VG (IUPAC name: O,O-diethyl S-[2-(diethylamino)ethyl] phosphorothioate) (also called amiton or Tetram) is a "V-series" nerve agent chemically similar to the better-known VX nerve agent. Tetram was the proposed trade name for the substance and amiton its ISO common name when it was tested as an acaricide by ICI in the 1950s. It is now only of historic interest as the first member of the V-series.

==History==
By the 1950s, the use of organophosphate insecticides was well established, despite their known toxicity to mammals. For example, parathion had been developed in the 1940s and became widely used in agriculture despite its known oral toxicity. Many chemical companies continued to research this type of acetylcholinesterase inhibitor, seeking to develop alternatives which had greater human safety while retaining their activity on pests. In 1952, Dr. Ranajit Ghosh, a chemist at Imperial Chemical Industries (ICI), investigated organophosphate esters of substituted aminoethanethiols and compared their properties to parathion, which ICI was already marketing as Fosferno.
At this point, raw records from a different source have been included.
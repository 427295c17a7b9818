-- ===== src/ConstFold/Inst.antt =====
-- One folded instruction (`ir_try_fold_inst` of src/middleend/ir_constfold.c): when it is folded,
-- and that the value is the one that the instruction computes.
use mathlib.Core.Option
use mathlib.Core.Option.{some-injective}
use baa.Base.{
  ℕ, ◌≡◌, refl, ap, sym, subst, ◌∙◌, inl, inr, Bool, true, false, Option, none, some, List, [], ◌∷◌,
  arith, Bool-cases, Option-cases,
}
use baa.Base.Word.{IsWord}
use baa.Ir.Types.{IrType}
use baa.Ir.Inst.{IrOp, IrCmpPred, IrValueData, IrValue, IrInst}
use baa.Ir.Build.{or_i64}
use baa.Ir.Eval.{
  Env, values, op_value, inst_value, or_word, payload_value, arith_value, word_of, compares,
}
use baa.ConstFold.{
  Folded, const_of, both, arith_folded, first_consts, fold_arith, fold_cmp, fold_op,
  ir_try_fold_inst, is_int_type, try_fold_arith, trunc_wrap_to_type, eval_cmp, to_int, f64_operand,
}
use baa.ConstFold.Trunc.{trunc_idem}
use baa.ConstFold.Arith.{fold_arith_value, eval_cmp-compares, is_folded_op}

-- An integer constant is a 64-bit word.
abbrev pub IsWordConst : IrValueData → Type 0
IsWordConst (IrValueData.const_int c) = IsWord c
IsWordConst _ = Unit

abbrev pub AllWords : List IrValue → Type 0
AllWords [] = Unit
AllWords (v ∷ vs) = IsWordConst v.payload × AllWords vs

-- An instruction of one of the folded operations has two operands (the verifier demands it).
abbrev pub IsBinary : List IrValue → Type 0
IsBinary (a ∷ b ∷ []) = Unit
IsBinary _ = ⊥

const_of-eq_some :
    (e : Env) (d : IrValueData) (c : ℕ)
    → const_of d ≡ some c
    → IsWordConst d
    → (payload_value e d ≡ some c) × IsWord c
unfolding payload_value
const_of-eq_some e (IrValueData.const_int x) c h w = (h, subst IsWord (some-injective x c h) w)
const_of-eq_some e (IrValueData.reg r) c h w = cc
const_of-eq_some e _ c h w = cc

both-eq_some : (x y : Option ℕ) (a b : ℕ) → both x y ≡ some (a, b) → (x ≡ some a) × (y ≡ some b)
both-eq_some none y a b h = cc
both-eq_some (some u) none a b h = cc
both-eq_some (some u) (some v) a b h = ground arith

first_consts-values :
    (e : Env) (vs : List IrValue) (a b : ℕ)
    → first_consts vs ≡ some (a, b)
    → AllWords vs
    → IsBinary vs
    → (values e vs ≡ some a ∷ some b ∷ []) × IsWord a × IsWord b
first_consts-values e (x ∷ y ∷ []) a b h w two =
    let (p, q) = both-eq_some (const_of x.payload) (const_of y.payload) a b h in
    let (px, wa) = const_of-eq_some e x.payload a p w.0 in
    let (py, wb) = const_of-eq_some e y.payload b q w.1.0 in (rw (px, py), wa, wb)
first_consts-values e [] a b h w two = absurd two
first_consts-values e (x ∷ []) a b h w two = absurd two
first_consts-values e (x ∷ y ∷ z ∷ r) a b h w two = absurd two

-- What a folded value is: the register is the instruction's destination, the value is the one that
-- the instruction computes in every environment, and it stands for a value of its type.
pub record IsComputed (inst : IrInst) (f : Folded) : Type 0 where
  pub dest : inst.dest ≡ some f.reg
  pub value : (e : Env) → inst_value e inst ≡ some f.value
  pub settled : trunc_wrap_to_type f.value f.type ≡ f.value

or_i64-or_word : (t : Option IrType) → or_i64 t ≡ some (or_word t)
or_i64-or_word none = refl
or_i64-or_word (some t) = refl

op_value-arith :
    (op : IrOp) (p : IrCmpPred) (t : IrType) (a b : ℕ)
    → is_folded_op op ≡ true
    → op_value op p t (some a ∷ some b ∷ []) ≡ arith_value op t a b
unfolding op_value
op_value-arith IrOp.cmp p t a b h = cc
op_value-arith _ p t a b h = refl

arith_folded-eq_some :
    (d : ℕ) (t : Option IrType) (o : Option ℕ) (f : Folded)
    → arith_folded d t o ≡ some f
    → (v : ℕ) × (o ≡ some v) × (record { reg = d; type = t; value = trunc_wrap_to_type v t } ≡ f)
unfolding arith_folded
arith_folded-eq_some d t none f h = cc
arith_folded-eq_some d t (some v) f h = (v, refl, some-injective _ _ h)

arith_value-trunc :
    (op : IrOp) (t : Option IrType) (a b v : ℕ)
    → is_folded_op op ≡ true
    → IsWord a
    → IsWord b
    → try_fold_arith op (or_i64 t) a b ≡ some v
    → arith_value op (or_word t) a b ≡ some (trunc_wrap_to_type v (or_i64 t))
arith_value-trunc op t a b v folded wa wb h = rw (or_i64-or_word t) (
    sym (fold_arith_value op (or_word t) a b folded wa wb)
    ∙ ap (Option.map (λ x. trunc_wrap_to_type x (some (or_word t)))) (rw (or_i64-or_word t) at h))

op_value-cmp :
    (p : IrCmpPred) (t : IrType) (a b : ℕ)
    → op_value IrOp.cmp p t (some a ∷ some b ∷ []) ≡ some (word_of (compares p a b))
unfolding op_value
op_value-cmp p t a b = refl

word_of-eval_cmp :
    (p : IrCmpPred) (a b : ℕ)
    → IsWord a
    → IsWord b
    → word_of (compares p a b) ≡ to_int (eval_cmp p a b)
word_of-eval_cmp p a b wa wb = rw (eval_cmp-compares p a b wa wb) (to_int-word_of (compares p a b))
  where
    to_int-word_of : (x : Bool) → word_of x ≡ to_int x
    to_int-word_of true = refl
    to_int-word_of false = refl

trunc-to_int : (x : Bool) → trunc_wrap_to_type (to_int x) (some IrType.i1) ≡ to_int x
unfolding trunc_wrap_to_type
trunc-to_int true = refl
trunc-to_int false = refl

module _ (inst : IrInst) (f : Folded) (d : ℕ) (at : inst.dest ≡ some d) where
  IsComputed-of :
      (t : Option IrType) (v : ℕ)
      → record { reg = d; type = t; value = v } ≡ f
      → ((e : Env) → inst_value e inst ≡ some v)
      → trunc_wrap_to_type v t ≡ v
      → IsComputed inst f
  IsComputed-of t v same value settled =
      subst (IsComputed inst) same (record { dest = at; value = value; settled = settled })

  module _ (w : AllWords inst.operands) (two : IsBinary inst.operands) where
    fold_arith_sound :
        (o : Option (ℕ × ℕ))
        → first_consts inst.operands ≡ o
        → is_folded_op inst.op ≡ true
        → fold_arith inst d o ≡ some f
        → IsComputed inst f
    unfolding fold_arith inst_value
    fold_arith_sound none consts op h = cc
    fold_arith_sound (some (a, b)) consts op h =
        elim (Bool-cases (is_int_type (or_i64 inst.type))) [
          | inl int ↦
              let (v, o, same) =
                arith_folded-eq_some d (or_i64 inst.type)
                  (try_fold_arith inst.op (or_i64 inst.type) a b) f (rw int at h) in
              IsComputed-of (or_i64 inst.type) (trunc_wrap_to_type v (or_i64 inst.type)) same
                (λ e.
                  let (vals, wa, wb) = first_consts-values e inst.operands a b consts w two in
                  rw vals (
                    op_value-arith inst.op inst.cmp_pred (or_word inst.type) a b op
                    ∙ arith_value-trunc inst.op inst.type a b v op wa wb o))
                (trunc_idem (or_i64 inst.type) v)
          | inr other ↦ cc (rw other at h)
        ]

    fold_cmp_sound :
        (o : Option (ℕ × ℕ))
        → first_consts inst.operands ≡ o
        → inst.op ≡ IrOp.cmp
        → fold_cmp inst d o ≡ some f
        → IsComputed inst f
    unfolding fold_cmp inst_value
    fold_cmp_sound none consts op h = cc
    fold_cmp_sound (some (a, b)) consts op h = elim (Bool-cases (f64_operand inst.operands)) [
      | inl float ↦ cc (rw float at h)
      | inr int ↦
          IsComputed-of (some IrType.i1) (to_int (eval_cmp inst.cmp_pred a b))
            (some-injective _ _ (rw int at h))
            (λ e.
              let (vals, wa, wb) = first_consts-values e inst.operands a b consts w two in
              rw (vals, op)
                (op_value-cmp inst.cmp_pred (or_word inst.type) a b
                  ∙ ap some (word_of-eval_cmp inst.cmp_pred a b wa wb)))
            (trunc-to_int (eval_cmp inst.cmp_pred a b))
    ]

    fold_op_sound : (op : IrOp) → inst.op ≡ op → fold_op op inst d ≡ some f → IsComputed inst f
    unfolding fold_op
    fold_op_sound IrOp.add e h = fold_arith_sound (first_consts inst.operands) refl (rw e) h
    fold_op_sound IrOp.sub e h = fold_arith_sound (first_consts inst.operands) refl (rw e) h
    fold_op_sound IrOp.mul e h = fold_arith_sound (first_consts inst.operands) refl (rw e) h
    fold_op_sound IrOp.div e h = fold_arith_sound (first_consts inst.operands) refl (rw e) h
    fold_op_sound IrOp.rem e h = fold_arith_sound (first_consts inst.operands) refl (rw e) h
    fold_op_sound IrOp.cmp e h = fold_cmp_sound (first_consts inst.operands) refl e h
    fold_op_sound _ e h = cc

-- When an instruction with two operands, whose constants are 64-bit words, is folded, the register
-- is its destination, the value is the one that the instruction computes in every environment, and
-- truncating the value to its type changes nothing.
pub try_fold_inst-IsComputed :
    (inst : IrInst) (f : Folded)
    → AllWords inst.operands
    → IsBinary inst.operands
    → ir_try_fold_inst inst ≡ some f
    → IsComputed inst f
unfolding ir_try_fold_inst
try_fold_inst-IsComputed inst f w two h = elim (Option-cases inst.dest) [
  | inl no_dest ↦ cc (rw (no_dest, ir_try_fold_inst) at h)
  | inr (d, at) ↦ fold_op_sound inst f d at w two inst.op refl (rw (at, ir_try_fold_inst) at h)
]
Amiton was found to be much less toxic than parathion to many insects but was considerably more toxic to acarid pests such as the spider-mite Tetranychus telarius. Field trials demonstrated its utility against the red mite Panonychus ulmi: a single treatment of 20 ppm was shown to give season-long control. This led to plans to market the compound under the trade name Tetram but the oral LD_{50} of 5 mg/kg to rats meant that the compound was comparable to parathion in mammalian toxicity while having a more limited use, so its development was halted as not being commercially viable. It had been intended to formulate it as its hydrogen oxalate (HC2O4−) salt, to minimise any hazard from the vapour.

The British Government was aware of the extreme toxicity of organophosphate compounds and some of the ICI materials were sent to Porton Down, Britain's chemical weapons research facility, for evaluation. This led to the identification of a new class of nerve agents, later named V (venomous) agents. Britain officially renounced chemical and biological weapons in 1956, but the United States continued research into this class, leading to the mass production of VX—a chemically similar but far more toxic compound—in 1961. Amiton was no longer pursued for chemical warfare or as a pesticide.

==Synthesis==
Amiton was first made at ICI by direct treatment of the sodium salt of 2-diethylaminoethanethiol with diethyl phosphorochloridate:

(CH3CH2)2NCH2CH2S- Na+ + ClP(=O)(OCH2CH2)2 -> amiton + NaCl

It was characterised as its hydrogen oxalate salt, with melting point 98–99°C. Alternative methods tried included the reaction between 2-diethylaminoethyl chloride and sodium diethyl phosphorothioate:

(CH3CH2)2NCH2CH2Cl + Na+ -SP(=O)(OCH2CH2)2 -> amiton + NaCl

Surprisingly, amiton is also the product of reacting diethylethanolamine with diethyl phosphorochloridothionate, where the initially formed thionate ester (CH3CH2)2NCH2CH2OP(=S)(OCH2CH2)2 rearranges under the conditions of the reaction:

(CH3CH2)2NCH2CH2O- Na+ + ClP(=S)(OCH2CH2)2 -> amiton + NaCl

==Regulation==
VG is classified as an extremely hazardous substance in the United States as defined in Section 302 of the U.S. Emergency Planning and Community Right-to-Know Act (42 U.S.C. 11002), and is subject to strict reporting requirements by facilities which produce, store, or use it in significant quantities.

The Chemical Weapons Convention (CWC) classifies amiton as a Schedule 2 chemical. These are subject to fewer restrictions than Schedule 1 chemicals but are still highly regulated. CWC member states are required to submit annual reports detailing the amounts they synthesize, process, consume, import, or export. Any trade involving these chemicals must specify the recipient country: exports to non-CWC member states are prohibited. These regulations ensure strict monitoring and prevent misuse while allowing legitimate industrial and research applications.